The reigns of Grand Lamas in the nineteenth century have mostly been short. Two others were selected in 1858 and 1877 respectively. The latter who is the present occupant of the post was the son of a Tibetan peasant: he was duly chosen by the oracle of the urn and invested by the Emperor. In 1893 he assumed personal control of the administration and terminated a regency which seems to have been oppressive and unpopular. The British Government were anxious to negotiate with him about Sikhim and other matters, but finding it impossible to obtain answers to their communications sent an expedition to Lhasa in 1904. The Grand Lama then fled to Urga, in which region he remained until 1907. In the autumn of 1908 he was induced to visit Peking where he was received with great ceremony but, contrary to the precedent established when the fifth Grand Lama attended Court, he was obliged to kneel and kotow before the Empress Dowager. Neither could he obtain the right to memorialize the throne, but was ordered to report to the Agents. The Court duly recognized his religious position. On the birthday of the Empress he performed a service for her long life, at which Her Majesty was present. It was not wholly successful, for a week or two later he officiated at her funeral. At the end of 1908 he left for Lhasa. He visited India in 1910 but this created dissatisfaction at Peking. In the same year[969] a decree was issued deposing him from his spiritual as well as his temporal powers and ordering the Agents to seek out a new child by drawing lots from the golden urn. This decree was probably ultra vires and certainly illogical, for if the Chinese Government recognized the Lama as an incarnation, they could not, according to the accepted theory, replace him by another incarnation before his death. And if they regarded him as a false incarnation, they should have ordered the Agents to seek out not a child but a man born about the time that the last Grand Lama died. At any rate the Tibetans paid no attention to the decree.

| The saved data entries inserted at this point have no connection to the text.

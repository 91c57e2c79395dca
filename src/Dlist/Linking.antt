-- ===== src/Dlist/Linking.antt =====
-- dlist.c: how an insertion and a removal change the segments of a store.
use daher_repo.Prelude.{
  ℕ, ◌≡◌, ◌≢◌, ◌∙◌, refl, sym, Option, none, some, List, [], ◌∷◌, ◌++◌, All, All-of_append, All-imp,
}
use daher_repo.Dlist.{
  Node, Store, Dlist, cell, put, set_next, set_prev, set_data, assert_inner, next, prev, make_node,
  link_node, remove,
}
use daher_repo.Dlist.Segments.{
  eq_test, put-same, put-other, load-some, first_or, last_or, Seg, Outside, Distinct, Seg-append,
  Seg-of_append, Seg-frame, Distinct-of_append,
}

module _ {ℓ} {A : Type ℓ} where
  pub set_next_lem :
      (h : Store A) (p q : ℕ) (n : Node A)
      → p ≢ 0
      → h p ≡ some n
      → set_next h p q ≡ some (put h p (some (cell n.datum q n.prev_node)))
  unfolding set_next
  set_next_lem h p q n ne e = rw (load-some h p n ne e) refl

  pub set_prev_lem :
      (h : Store A) (p q : ℕ) (n : Node A)
      → p ≢ 0
      → h p ≡ some n
      → set_prev h p q ≡ some (put h p (some (cell n.datum n.next_node q)))
  unfolding set_prev
  set_prev_lem h p q n ne e = rw (load-some h p n ne e) refl

  pub set_data_lem :
      (h : Store A) (p : ℕ) (x : A) (n : Node A)
      → p ≢ 0
      → h p ≡ some n
      → n.next_node ≢ 0
      → n.prev_node ≢ 0
      → set_data h p x ≡ some (put h p (some (cell (some x) n.next_node n.prev_node)))
  unfolding set_data assert_inner
  set_data_lem h p x n ne e a b =
      rw (load-some h p n ne e, eq_test n.next_node 0 a, eq_test n.prev_node 0 b) refl

  pub next_lem :
      (h : Store A) (p : ℕ) (n : Node A) → p ≢ 0 → h p ≡ some n → next h p ≡ some n.next_node
  unfolding next
  next_lem h p n ne e = rw (load-some h p n ne e) refl

  pub prev_lem :
      (h : Store A) (p : ℕ) (n : Node A) → p ≢ 0 → h p ≡ some n → prev h p ≡ some n.prev_node
  unfolding prev
  prev_lem h p n ne e = rw (load-some h p n ne e) refl

  make_node_lem :
      (h : Store A) (n w : ℕ) (x : A) (m : Node A)
      → n ≢ 0
      → w ≢ 0
      → w ≢ n
      → h w ≡ some m
      → m.prev_node ≢ 0
      → (g : Store A) × (make_node h n w x ≡ some g)
        × (g n ≡ some (cell (some x) w m.prev_node))
        × ((a : ℕ) → a ≢ n → g a ≡ h a)
  unfolding make_node
  make_node_lem h n w x m nn nw ne at_w inner =
      let h0 = put h n (some (cell none 0 0)) in
      let h1 = put h0 n (some (cell none w 0)) in
      let h2 = put h1 n (some (cell none w m.prev_node)) in
      let h3 = put h2 n (some (cell (some x) w m.prev_node)) in
      let far : (a : ℕ) → a ≢ n → h1 a ≡ h a =
        (λ a d. put-other h0 n a _ d ∙ put-other h n a _ d) in
      (
        h3,
        rw
            (
              set_next_lem h0 n w (cell none 0 0) nn (put-same h n _),
              prev_lem h1 w m nw (far w ne ∙ at_w),
              set_prev_lem h1 n m.prev_node (cell none w 0) nn (put-same h0 n _),
            )
            (set_data_lem h2 n x (cell none w m.prev_node) nn (put-same h1 n _) nw inner),
        put-same h2 n _,
        (λ a d. put-other h2 n a _ d ∙ put-other h1 n a _ d ∙ far a d),
      )

  -- two of the conditions for an address to be left alone
  away :
      (u w : ℕ) (cs : List (ℕ × Option A))
      → Outside u cs
      → Outside w cs
      → All (λ c. (c.0 ≢ u) × (c.0 ≢ w)) cs
  away u w [] p q = tt
  away u w (c ∷ cs) p q = (((λ e. p.0 (sym e)), (λ e. q.0 (sym e))), away u w cs p.1 q.1)

  away_front :
      (u w : ℕ × Option A) (post pre : List (ℕ × Option A))
      → All (λ c. Outside c.0 (u ∷ w ∷ post)) pre
      → All (λ c. (c.0 ≢ u.0) × (c.0 ≢ w.0)) pre
  away_front u w post pre d = All-imp (λ c o. (o.0, o.1.0)) pre d

  -- In front of the cell `w`, behind the cell `u`.
  pub insert-Seg :
      (h : Store A) (pre : List (ℕ × Option A)) (u w : ℕ × Option A) (post : List (ℕ × Option A))
      (n : ℕ) (x : A)
      → Seg h 0 (pre ++ (u ∷ w ∷ post)) 0
      → Distinct (pre ++ (u ∷ w ∷ post))
      → n ≢ 0
      → Outside n (pre ++ (u ∷ w ∷ post))
      → (g1 : Store A) × (g : Store A) × (make_node h n w.0 x ≡ some g1)
        × (link_node g1 n w.0 ≡ some g)
        × Seg g 0 (pre ++ (u ∷ (n, some x) ∷ w ∷ post)) 0
        × ((a : ℕ) → a ≢ n → a ≢ u.0 → a ≢ w.0 → g a ≡ h a)
  unfolding link_node
  insert-Seg h pre u w post n x s d nn out =
      let (front, back) = Seg-of_append h 0 pre (u ∷ w ∷ post) 0 s in
      let (d_pre, d_back, apart) = Distinct-of_append pre (u ∷ w ∷ post) d in
      let (out_pre, out_back) = All-of_append (λ c. n ≢ c.0) pre (u ∷ w ∷ post) out in
      let n_u : u.0 ≢ n = (λ e. out_back.0 (sym e)) in
      let n_w : w.0 ≢ n = (λ e. out_back.1.0 (sym e)) in
      let w_u : w.0 ≢ u.0 = (λ e. d_back.1.0 (sym e)) in
      let (g1, made, at_n, far) =
        make_node_lem h n w.0 x (cell w.1 (first_or 0 post) u.0) nn (d_back.2.0) n_w back.1.0
          (d_back.0) in
      let g2 = put g1 u.0 (some (cell u.1 n (last_or 0 pre))) in
      let g3 = put g2 w.0 (some (cell w.1 (first_or 0 post) n)) in
      let w_in_g2 : g2 w.0 ≡ some (cell w.1 (first_or 0 post) u.0) =
        put-other g1 u.0 w.0 _ w_u ∙ far w.0 n_w ∙ back.1.0 in
      let same : (a : ℕ) → a ≢ n → a ≢ u.0 → a ≢ w.0 → g3 a ≡ h a =
        (λ a p q r. put-other g2 w.0 a _ r ∙ put-other g1 u.0 a _ q ∙ far a p) in
      (
        g1,
        g3,
        made,
        rw
            (
              prev_lem g1 w.0 (cell w.1 (first_or 0 post) u.0) (d_back.2.0)
                  (far w.0 n_w ∙ back.1.0),
              set_next_lem g1 u.0 n (cell u.1 w.0 (last_or 0 pre)) (d_back.0)
                  (far u.0 n_u ∙ back.0),
            )
            (set_prev_lem g2 w.0 n (cell w.1 (first_or 0 post) u.0) (d_back.2.0) w_in_g2),
        Seg-append g3 0 pre (u ∷ (n, some x) ∷ w ∷ post) 0
            (Seg-frame h g3 0 pre u.0 (both pre out_pre (away_front u w post pre apart) same) front)
            (
              put-other g2 w.0 u.0 _ (λ e. w_u (sym e)) ∙ put-same g1 u.0 _,
              (
                put-other g2 w.0 n _ (λ e. n_w (sym e))
                    ∙ put-other g1 u.0 n _ (λ e. n_u (sym e))
                    ∙ at_n,
                (
                  put-same g2 w.0 _,
                  Seg-frame h g3 w.0 post 0
                      (both post out_back.1.1 (away u.0 w.0 post d_back.1.1 (d_back.2.1)) same)
                      back.1.1,
                ),
              ),
            ),
        same,
      )
    where
      both :
          {g : Store A}
          → (cs : List (ℕ × Option A)) → Outside n cs
          → All (λ c. (c.0 ≢ u.0) × (c.0 ≢ w.0)) cs
          → ((a : ℕ) → a ≢ n → a ≢ u.0 → a ≢ w.0 → g a ≡ h a)
          → All (λ c. g c.0 ≡ h c.0) cs
      both [] o p same = tt
      both (c ∷ cs) o p same = (same c.0 (λ e. o.0 (sym e)) p.0.0 p.0.1, both cs o.1 p.1 same)

  -- The cell `v`, between the cells `u` and `w`, is taken out and given back.
  pub remove-Seg :
      (h : Store A) (list : Dlist) (pre : List (ℕ × Option A)) (u v w : ℕ × Option A)
      (post : List (ℕ × Option A))
      → Seg h 0 (pre ++ (u ∷ v ∷ w ∷ post)) 0
      → Distinct (pre ++ (u ∷ v ∷ w ∷ post))
      → list.end_dummy ≢ v.0
      → (g : Store A) × (remove h list v.0 ≡ some (g, w.0))
        × Seg g 0 (pre ++ (u ∷ w ∷ post)) 0
        × (g v.0 ≡ none)
        × ((a : ℕ) → a ≢ u.0 → a ≢ v.0 → a ≢ w.0 → g a ≡ h a)
  unfolding remove
  remove-Seg h list pre u v w post s d inner =
      let (front, back) = Seg-of_append h 0 pre (u ∷ v ∷ w ∷ post) 0 s in
      let (d_pre, d_back, apart) = Distinct-of_append pre (u ∷ v ∷ w ∷ post) d in
      let v_u : v.0 ≢ u.0 = (λ e. d_back.1.0 (sym e)) in
      let w_u : w.0 ≢ u.0 = (λ e. d_back.1.1.0 (sym e)) in
      let w_v : w.0 ≢ v.0 = (λ e. d_back.2.1.0 (sym e)) in
      let g1 = put h w.0 (some (cell w.1 (first_or 0 post) u.0)) in
      let g2 = put g1 u.0 (some (cell u.1 w.0 (last_or 0 pre))) in
      let g3 = put g2 v.0 none in
      let v_in_g1 : g1 v.0 ≡ some (cell v.1 w.0 u.0) =
        put-other h w.0 v.0 _ (λ e. w_v (sym e)) ∙ back.1.0 in
      let u_in_g1 : g1 u.0 ≡ some (cell u.1 v.0 (last_or 0 pre)) =
        put-other h w.0 u.0 _ (λ e. w_u (sym e)) ∙ back.0 in
      let same : (a : ℕ) → a ≢ u.0 → a ≢ v.0 → a ≢ w.0 → g3 a ≡ h a =
        (λ a p q r. put-other g2 v.0 a _ q ∙ put-other g1 u.0 a _ p ∙ put-other h w.0 a _ r) in
      (
        g3,
        rw
            (
              eq_test v.0 0 (d_back.2.0),
              eq_test list.end_dummy v.0 inner,
              load-some h v.0 (cell v.1 w.0 u.0) (d_back.2.0) back.1.0,
              set_prev_lem h w.0 u.0 (cell w.1 (first_or 0 post) v.0) (d_back.2.2.0) back.1.1.0,
              load-some g1 v.0 (cell v.1 w.0 u.0) (d_back.2.0) v_in_g1,
              set_next_lem g1 u.0 w.0 (cell u.1 v.0 (last_or 0 pre)) (d_back.0) u_in_g1,
            )
            refl,
        Seg-append g3 0 pre (u ∷ w ∷ post) 0
            (Seg-frame h g3 0 pre u.0 (untouched_front pre apart same) front)
            (
              put-other g2 v.0 u.0 _ (λ e. v_u (sym e)) ∙ put-same g1 u.0 _,
              (
                put-other g2 v.0 w.0 _ w_v ∙ put-other g1 u.0 w.0 _ w_u ∙ put-same h w.0 _,
                Seg-frame h g3 w.0 post 0
                    (untouched post d_back.1.1.1 d_back.2.1.1 (d_back.2.2.1) same) back.1.1.1,
              ),
            ),
        put-same g2 v.0 none,
        same,
      )
    where
      untouched_front :
          {g : Store A}
          → (cs : List (ℕ × Option A)) → All (λ c. Outside c.0 (u ∷ v ∷ w ∷ post)) cs
          → ((a : ℕ) → a ≢ u.0 → a ≢ v.0 → a ≢ w.0 → g a ≡ h a)
          → All (λ c. g c.0 ≡ h c.0) cs
      untouched_front cs o same = All-imp (λ c p. same c.0 p.0 p.1.0 p.1.1.0) cs o

      untouched :
          {g : Store A}
          → (cs : List (ℕ × Option A)) → Outside u.0 cs
          → Outside v.0 cs
          → Outside w.0 cs
          → ((a : ℕ) → a ≢ u.0 → a ≢ v.0 → a ≢ w.0 → g a ≡ h a)
          → All (λ c. g c.0 ≡ h c.0) cs
      untouched [] p q r same = tt
      untouched (c ∷ cs) p q r same = (
        same c.0 (λ e. p.0 (sym e)) (λ e. q.0 (sym e)) (λ e. r.0 (sym e)),
        untouched cs p.1 q.1 r.1 same,
      )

The early deaths of Grand Lamas in the nineteenth century have naturally created a presumption that they were put out of the way and contemporary suspicion accused the regent in 1838. There is no evidence that the deaths of the other three were regarded as unnatural but the earlier Grand Lamas as well as the abbots of Tashilhunpo lived to a good age. On the other hand the Grand Lamas of Urga are said to die young. If the pontiffs of some lines live long and those of others die early, the inference is not that the life of a god incarnate is unhealthy but that in special cases special circumstances interfere with it, and on the whole there are good grounds for suspecting foul play. But it is interesting to note that most Europeans who have made the acquaintance of high Lamas speak in praise of their character and intelligence. So Manning (the friend of Charles Lamb) of the ninth Grand Lama (1811), Bogle of the Tashi Lama about 1778, Sven Hedin of his successor in 1907, and Waddell of the Lama Regent in 1904.

The above pages refer to the history of Lamaism in Tibet and Mongolia. It also spread to China, European Russia, Ladak, Sikhim and Bhutan. In China it is confined to the north and its presence is easily explicable by the genuine enthusiasm of Khubilai and the encouragement given on political grounds by the Ming and Manchu dynasties. Further, several Mongol towns such as Kalgan and Kuku-khoto are within the limits of the eighteen provinces.